# Back in the Day



## ΩPhoenix (May 15, 2012)

This is only a comment not a question...

Old School Refining

After dissolving gold scrap and filtering out the chlorides we used to evaporate the filtrate to a crystal and rehydrate with HCL
repeating this 3 or more times to a crystal until no brown nitric oxide fume would appear. 
These are the dishes we used were CoorsTek and held about 4 liters.
Doing this eliminated the use of Urea to sequester the HNO3 and allowed a complete precipitation of the gold
with Ferrous Sulphate .

Thanks
Steve Looser
ΩPhoenix Consulting


----------



## Harold_V (May 16, 2012)

ΩPhoenix said:


> This is only a comment not a question...
> 
> Old School Refining
> 
> ...


That's the method that has been promoted on this forum since its inception (thanks to Hoke's book), but it does no harm to remind readers that urea is not necessary for refining. I spent more than twenty years refining and never used it. 

Harold


----------



## Lino1406 (May 18, 2012)

From my experience this is the safe though long
way to not loose values
Lino1406,
author "25 recovery procedures of precious
metals..."


----------



## lazersteve (May 19, 2012)

I've found the evaporation step is not necessary if one uses the nitric acid in very small doses with heat. Stop nitric additions when the fizzing and tiny bubbles cease after an addition. Once the fizzing and bubbles stop test to be sure the HCl is not used up by adding a few millilters of muriatic acid. If the fizzing and bubbles begin again you did not use enough HCl in the intial set up of the reaction. 

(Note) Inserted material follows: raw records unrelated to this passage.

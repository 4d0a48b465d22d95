-- ===== src/Identity/RateLimit.antt =====
-- app/modules/identity/rate_limit.py. Times count microseconds; the settings are whole seconds.
pub mod Blocking
use cat_game_backend.Base.{
  ℕ, ◌+◌, ◌-◌, ◌*◌, ◌/◌, String, Bool, true, false, not, ◌&&◌, Option, none, some, List, [], ◌∷◌,
  any, length, map, leb, ltb, ◌==◌, if◌then◌else◌, str_eq, ◌++◌,
}
use cat_game_backend.Core.Error.{Result, ok, err, runtime_error}
use cat_game_backend.Store.Rows.{Row}
use cat_game_backend.Store.Table.{where_rows, insert_row}

-- app/models/auth_rate_limit.py
pub record AuthRateLimit : Type 0 where
  pub id : ℕ
  pub bucket_hash : String
  pub attempts : ℕ
  pub window_started_at : ℕ
  pub blocked_until : Option ℕ
  pub updated_at : ℕ

instance abbrev pub rate_limit_row : Row AuthRateLimit
rate_limit_row = record { id_of = λ r. r.id }

-- `auth_rate_window_seconds` and `auth_rate_block_seconds`
pub record RateSettings : Type 0 where
  pub window_seconds : ℕ
  pub block_seconds : ℕ

abbrev pub second : ℕ
second = 1000000

-- `blocked_until is not None and blocked_until <= now`
abbrev pub has_expired : Option ℕ → ℕ → Bool
has_expired none now = false
has_expired (some u) now = leb u now

-- `blocked_until and blocked_until > current_time`
abbrev pub is_blocked : Option ℕ → ℕ → Bool
is_blocked none now = false
is_blocked (some u) now = ltb now u

-- `math.ceil((blocked_until - now).total_seconds())`
abbrev pub seconds_left : Option ℕ → ℕ → ℕ
seconds_left none now = 0
seconds_left (some u) now = (u - now + (second - 1)) / second

abbrev pub restarted : ℕ → AuthRateLimit → AuthRateLimit
restarted now b = record b {
  attempts = 0;
  blocked_until = none;
  window_started_at = now;
  updated_at = now;
}

abbrev pub max : ℕ → ℕ → ℕ
max a b = if leb b a then a else b

module _ (s : RateSettings) where
  unfoldable pub refresh_window : ℕ → AuthRateLimit → AuthRateLimit
  refresh_window now b =
      if has_expired b.blocked_until now
      then restarted now b
      else (if ltb now (b.window_started_at + s.window_seconds * second)
          then b
          else restarted now b)

  abbrev pub blocked : ℕ → AuthRateLimit → AuthRateLimit
  blocked now b = record b { blocked_until = some (now + s.block_seconds * second) }

  -- One round of the loop of `blocked_retry_after`: the seconds to wait, and the bucket.
  unfoldable pub check_bucket : ℕ → ℕ → AuthRateLimit → ℕ × AuthRateLimit
  unfolding refresh_window
  check_bucket attempt_limit now bucket =
      let b = refresh_window now bucket in
      if is_blocked b.blocked_until now
      then (seconds_left b.blocked_until now, b)
      else (if leb attempt_limit b.attempts then (s.block_seconds, blocked now b) else (0, b))

  unfoldable pub check_buckets : ℕ → ℕ → List AuthRateLimit → ℕ × List AuthRateLimit
  unfolding check_bucket
  check_buckets attempt_limit now [] = (0, [])
  check_buckets attempt_limit now (bucket ∷ buckets) =
      let (wait, b) = check_bucket attempt_limit now bucket in
      let (waits, bs) = check_buckets attempt_limit now buckets in (max wait waits, b ∷ bs)

  -- `retry_after or None`
  abbrev pub or_none : ℕ → Option ℕ
  or_none n = if n == 0 then none else some n

  unfoldable pub blocked_retry_after : ℕ → ℕ → List AuthRateLimit → Option ℕ × List AuthRateLimit
  unfolding check_buckets
  blocked_retry_after attempt_limit now buckets =
      let (retry_after, bs) = check_buckets attempt_limit now buckets in (or_none retry_after, bs)

  abbrev pub counted : ℕ → AuthRateLimit → AuthRateLimit
  counted now b = record b { attempts = b.attempts + 1; updated_at = now }

  unfoldable pub fail_bucket : ℕ → ℕ → AuthRateLimit → AuthRateLimit
  fail_bucket attempt_limit now b =
      let c = counted now b in if leb attempt_limit c.attempts then blocked now c else c

  unfoldable pub record_failed_attempts : ℕ → ℕ → List AuthRateLimit → Option ℕ × List AuthRateLimit
  unfolding fail_bucket
  record_failed_attempts attempt_limit now buckets = (
    if any (λ b. leb attempt_limit (b.attempts + 1)) buckets then some s.block_seconds else none,
    map (fail_bucket attempt_limit now) buckets,
  )

  unfoldable pub record_request_attempt : ℕ → List AuthRateLimit → List AuthRateLimit
  record_request_attempt now buckets = map (counted now) buckets

  unfoldable pub reset_rate_bucket : ℕ → AuthRateLimit → AuthRateLimit
  reset_rate_bucket now b = restarted now b

  -- `list(dict.fromkeys(bucket_hashes))`
  unfoldable pub unique : List String → List String
  unique [] = []
  unique (h ∷ hs) = h ∷ where_rows (λ j. not (str_eq j h)) (unique hs)

  abbrev pub is_hash : String → AuthRateLimit → Bool
  is_hash h b = str_eq b.bucket_hash h

  -- The inserts of the missing buckets.
  unfoldable pub insert_missing_buckets :
      ℕ → ℕ → List String → List AuthRateLimit → List AuthRateLimit
  insert_missing_buckets now next_id [] t = t
  insert_missing_buckets now next_id (h ∷ hs) t = insert_missing_buckets now (next_id + 1) hs (
      if any (is_hash h) t
      then t
      else insert_row
          (record {
            id = next_id;
            bucket_hash = h;
            attempts = 0;
            window_started_at = now;
            blocked_until = none;
            updated_at = now;
          })
          t)

  -- The locked buckets, refreshed, and the table.
  unfoldable pub lock_rate_buckets :
      ℕ → ℕ → List String → List AuthRateLimit → Result (List AuthRateLimit × List AuthRateLimit)
  unfolding refresh_window unique insert_missing_buckets where_rows
  lock_rate_buckets now next_id bucket_hashes table =
      let unique_hashes = unique bucket_hashes in
      let t = insert_missing_buckets now next_id unique_hashes table in
      let buckets = where_rows (λ b. any (λ h. is_hash h b) unique_hashes) t in
      if length buckets == length unique_hashes
      then ok (map (refresh_window now) buckets, t)
      else err runtime_error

An ounce of prevention is worth a pound of cure.

Steve


----------



## ΩPhoenix (May 19, 2012)

Harold_V said:


> ΩPhoenix said:
> 
> 
> > This is only a comment not a question...
> ...




Thank you Harold

I had a copy of Hoke's book years ago.
I gave to my ex- girlfriend as a gift because
she helped me so much in growing the 
company.


----------